*** Opening Data for the task ***
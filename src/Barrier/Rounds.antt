-- ===== src/Barrier/Rounds.antt =====
-- The rounds of the barrier of sb_barrier.c, for all orders of the callers' steps.
use bits_on_demand_pte_te.Prelude.{
  ℕ, zero, suc, ◌+◌, ◌-◌, ◌*◌, ◌^◌, ◌≤◌, ◌<◌, ◌≡◌, refl, subst, ◌==◌, Bool, true, false, Option,
  none, some, List, arith,
}
use mathlib.Core.Option.{some-injective, none-ne-some}
use bits_on_demand_pte_te.Prelude.Lists.{get_elem?, replicate, length-replicate}
use bits_on_demand_pte_te.Pte.Machine.{ℤ}
use bits_on_demand_pte_te.Barrier.{
  Barrier, sb_barrier_init, Caller, ready, waiting, returned, wake, System, Steps, done, step,
}
use bits_on_demand_pte_te.Barrier.Tally.{
  tally, called, answered, waits_in, waits_after, tally-set, tally-add, tally-ready, answered-waits,
}
use bits_on_demand_pte_te.Barrier.Counts.{Counts, if-elim, times-suc, Step-Counts}

-- A system of `threads` threads that are before their calls.
unfoldable pub start : Barrier → (threads : ℕ) → System
start b threads = record { barrier = b; callers = replicate threads ready }

abbrev pub fresh : (n : ℕ) → Option Bool → Barrier
fresh n callback = record {
  count = n;
  init_count = n;
  serial = 0;
  callback = callback;
  error = false;
}

pub start-Counts :
    (n threads : ℕ) (callback : Option Bool)
    → 0 < n
    → n < 2 ^ 32
    → threads < 2 ^ 32
    → Counts n (start (fresh n callback) threads)
unfolding start called waits_in waits_after
start-Counts n threads callback p b t = record {
  size = omega (arith, length-replicate threads ready);
  init = refl;
  positive = p;
  bound = omega arith;
  small = b;
  arrived = omega (arith, tally-ready called threads refl);
  current = omega (arith, tally-ready (waits_in 0) threads refl);
  ahead = tally-ready (waits_after 0) threads refl;
  low = omega arith;
}

Steps-Counts : (n : ℕ) {s t : System} → Steps s t → Counts n s → Counts n t
Steps-Counts n (done s) c = c
Steps-Counts n (step s t u r x) c = Step-Counts n (Steps-Counts n r c) x

-- A barrier that `sb_barrier_init` makes.
pub init-fresh :
    (n : ℕ) (callback : Option Bool) (b : Barrier)
    → sb_barrier_init n callback true ≡ some b
    → (0 < n) × (fresh n callback ≡ b)
unfolding sb_barrier_init
init-fresh n callback b =
    if-elim (λ (r : Option Barrier). r ≡ some b → (0 < n) × (fresh n callback ≡ b)) (n == 0) none
      (some (fresh n callback)) (λ z e. absurd (none-ne-some b e))
      (λ z e. (ground (arith, z), some-injective (fresh n callback) b e))

-- With fewer than 2^32 threads and a barrier that `sb_barrier_init` made for rounds of `n`
-- callers, `n` below 2^32, in every order of the threads' steps: the number of threads that have
-- called is `n` for each of the `serial` complete rounds and those of the round that is not
-- complete; these all wait; no more threads have their results than the complete rounds have
-- callers; and the count lies between 1 and `n`.
pub sb_barrier_wait-rounds :
    (n threads : ℕ) (callback : Option Bool) (b : Barrier) (s : System)
    → n < 2 ^ 32
    → threads < 2 ^ 32
    → sb_barrier_init n callback true ≡ some b
    → Steps (start b threads) s
    → (tally called s.callers ≡ s.barrier.serial * n + (n - s.barrier.count))
      × (tally (waits_in s.barrier.serial) s.callers ≡ n - s.barrier.count)
      × (tally answered s.callers ≤ s.barrier.serial * n)
      × (0 < s.barrier.count)
      × (s.barrier.count ≤ n)
sb_barrier_wait-rounds n threads callback b s l t e r =
    let made = init-fresh n callback b e in
    let c = Steps-Counts n r (
      subst (λ x. Counts n (start x threads)) made.1
        (start-Counts n threads callback made.0 l t)) in
    (
      c.arrived,
      c.current,
      omega (
        arith,
        c.arrived,
        c.current,
        tally-add answered (waits_in s.barrier.serial) called s.callers
            (answered-waits s.barrier.serial),
      ),
      c.positive,
      c.bound,
    )

-- A number of callers as rounds and a rest.
whole_rounds : (k q n r : ℕ) → k * n ≡ q * n + r → r < n → (k ≡ q) × (r ≡ 0)
whole_rounds zero zero n r e h = (refl, omega (arith, e))
whole_rounds zero (suc q) n r e h = absurd (omega (arith, e, times-suc q n, h))
whole_rounds (suc k) zero n r e h = absurd (omega (arith, e, times-suc k n, h))
whole_rounds (suc k) (suc q) n r e h =
    let rest = whole_rounds k q n r (omega (arith, e, times-suc k n, times-suc q n)) h in
    (omega (arith, rest.0), rest.1)

-- A caller that waits in a round in which none waits.
wake-returns :
    (b : Barrier) (cs : List Caller) (i serial : ℕ)
    → tally (waits_in b.serial) cs ≡ 0
    → get_elem? cs i ≡ some (waiting serial)
    → (r : ℤ) × (wake b serial ≡ returned r)
unfolding wake waits_in
wake-returns b cs i serial z e =
    if-elim (λ (w : Caller). (r : ℤ) × (w ≡ returned r)) (serial == b.serial) _ _
      (λ same.
        absurd
          (ground (arith, tally-set (waits_in b.serial) cs i (waiting serial) ready e, z, same)))
      (λ other. (_, refl))

-- With a barrier that `sb_barrier_init` made for rounds of `n` callers, `n` below 2^32, and as
-- many threads as `k` rounds have callers, fewer than 2^32, in every order of the threads' steps:
-- once all of them have called, `serial` is `k`, and a thread that still waits gets a result when
-- its wait on the condition returns.
pub sb_barrier_wait-all_released :
    (n k : ℕ) (callback : Option Bool) (b : Barrier) (s : System)
    → n < 2 ^ 32
    → k * n < 2 ^ 32
    → sb_barrier_init n callback true ≡ some b
    → Steps (start b (k * n)) s
    → tally called s.callers ≡ k * n
    → (s.barrier.serial ≡ k)
      × ((i serial : ℕ)
          → get_elem? s.callers i ≡ some (waiting serial)
          → (r : ℤ) × (wake s.barrier serial ≡ returned r))
sb_barrier_wait-all_released n k callback b s l t e r all =
    let c = sb_barrier_wait-rounds n (k * n) callback b s l t e r in
    let whole =
      whole_rounds k s.barrier.serial n (n - s.barrier.count) (omega (arith, all, c.0))
        (omega (arith, c.3, c.4)) in
    (
      omega (arith, whole.0),
      λ i serial w. wake-returns s.barrier s.callers i serial (omega (arith, c.1, whole.1)) w,
    )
*** Closing Data for the task ***
> [Exercise] Copy every line of the data that carries the word "made".

> [Problem solution]
-- With fewer than 2^32 threads and a barrier that `sb_barrier_init` made for rounds of `n`
    let made = init-fresh n callback b e in
      subst (λ x. Counts n (start x threads)) made.1
        (start-Counts n threads callback made.0 l t)) in
-- With a barrier that `sb_barrier_init` made for rounds of `n` callers, `n` below 2^32, and as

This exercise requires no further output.